# "Men in America" series



## RedLion (Sep 23, 2015)

I encourage folks to catch the remaining segments of Tucker Carlson's "Men in America" series on Fox News, 8pm central time. The first installment was last night. He is to have an installment every Wednesday show for the month of March. The premise is that men in America are the ones in crisis, but being ignored for the great good of progressivenism.
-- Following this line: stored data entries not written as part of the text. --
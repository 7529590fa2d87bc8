-- ===== src/Remote/ReadOp/Answers.antt =====
-- What a server answers to a read.
use sandook.Base.{◌≡◌, refl, ◌⊎◌, inl, inr, ◌≢◌, Option, none, some, if◌then◌else◌}
use sandook.Status.{ok, err, Error}
use sandook.Types.{ServerId, OpType, get_op}
use sandook.DiskServer.{StorageOpReplyMsg, StorageOpReplyCode}
use sandook.Remote.{
  Client, handle_storage_op_reply, op_reply, read_reply, is_success_congested, signal_unless_affine,
}

-- A reply that gives the result of a read.
abbrev pub IsGood : StorageOpReplyMsg → Type 0
IsGood reply =
    (reply.code ≡ StorageOpReplyCode.success) ⊎ (reply.code ≡ StorageOpReplyCode.success_congested)

-- What a server may answer to a read: nothing, a reply that is too short, or a reply for a read that is not
-- a rejection because of the server's mode.
abbrev pub IsAnswer : Option StorageOpReplyMsg → Type 0
IsAnswer none = Unit
IsAnswer (some reply) =
    (get_op reply.iod ≡ OpType.read) × (reply.code ≢ StorageOpReplyCode.reject_mode_mismatch)

module _ {S : Type 0} (signal_congested : S → ServerId → S) (affinity : ServerId) where
  read_reply-IsGood :
      (c : Client signal_congested affinity) (reply : StorageOpReplyMsg) (id : ServerId)
      (code : StorageOpReplyCode)
      → code ≢ StorageOpReplyCode.reject_mode_mismatch
      → let r = (read_reply signal_congested affinity c reply id code).0 in
        ((r ≡ ok reply.res)
          × ((code ≡ StorageOpReplyCode.success) ⊎ (code ≡ StorageOpReplyCode.success_congested)))
        ⊎ ((e : Error) × (r ≡ err e)
            × ¬ (
                (code ≡ StorageOpReplyCode.success)
                ⊎ (code ≡ StorageOpReplyCode.success_congested)))
  unfolding read_reply
  read_reply-IsGood c reply id StorageOpReplyCode.success n = inl (refl, inl refl)
  read_reply-IsGood c reply id StorageOpReplyCode.success_congested n = inl (refl, inr refl)
  read_reply-IsGood c reply id StorageOpReplyCode.reject_device_busy n =
      inr (Error.ebusy, refl, λ h. elim h [ inl p ↦ cc | inr p ↦ cc ])
  read_reply-IsGood c reply id StorageOpReplyCode.failure n =
      inr (Error.einval, refl, λ h. elim h [ inl p ↦ cc | inr p ↦ cc ])
  read_reply-IsGood c reply id StorageOpReplyCode.reject_mode_mismatch n = absurd (n refl)

  pub handle_storage_op_reply-IsGood :
      (c : Client signal_congested affinity) (reply : StorageOpReplyMsg) (id : ServerId)
      → get_op reply.iod ≡ OpType.read
      → reply.code ≢ StorageOpReplyCode.reject_mode_mismatch
      → let r = (handle_storage_op_reply signal_congested affinity c (some reply) id).0 in
        ((r ≡ ok reply.res) × IsGood reply) ⊎ ((e : Error) × (r ≡ err e) × ¬ IsGood reply)
  unfolding handle_storage_op_reply op_reply
  handle_storage_op_reply-IsGood c reply id h n = rw h (
      read_reply-IsGood
        (if is_success_congested reply.code
          then signal_unless_affine signal_congested affinity c id
          else c)
        reply id reply.code n)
> Tucker Carlson Launches New Series - 'American Men Are In Crisis'


A couple interesting pieces....



> Seventy-seven percent of all suicides in America are committed by men. The overall rate is increasing at a dramatic pace. Between 1997 and 2014, there was a 43 percent rise in suicide deaths among middle-aged American men. The rates are highest among American Indian and white men, who kill themselves at about ten times the rate of Hispanic and black women.





> One study found that the average levels of male testosterone dropped by one percent every year after 1987. And it's not unrelated to age. The average 40-year-old-man in 2017 would have testosterone levels 30 percent lower than the average 40-year-old man in 1987.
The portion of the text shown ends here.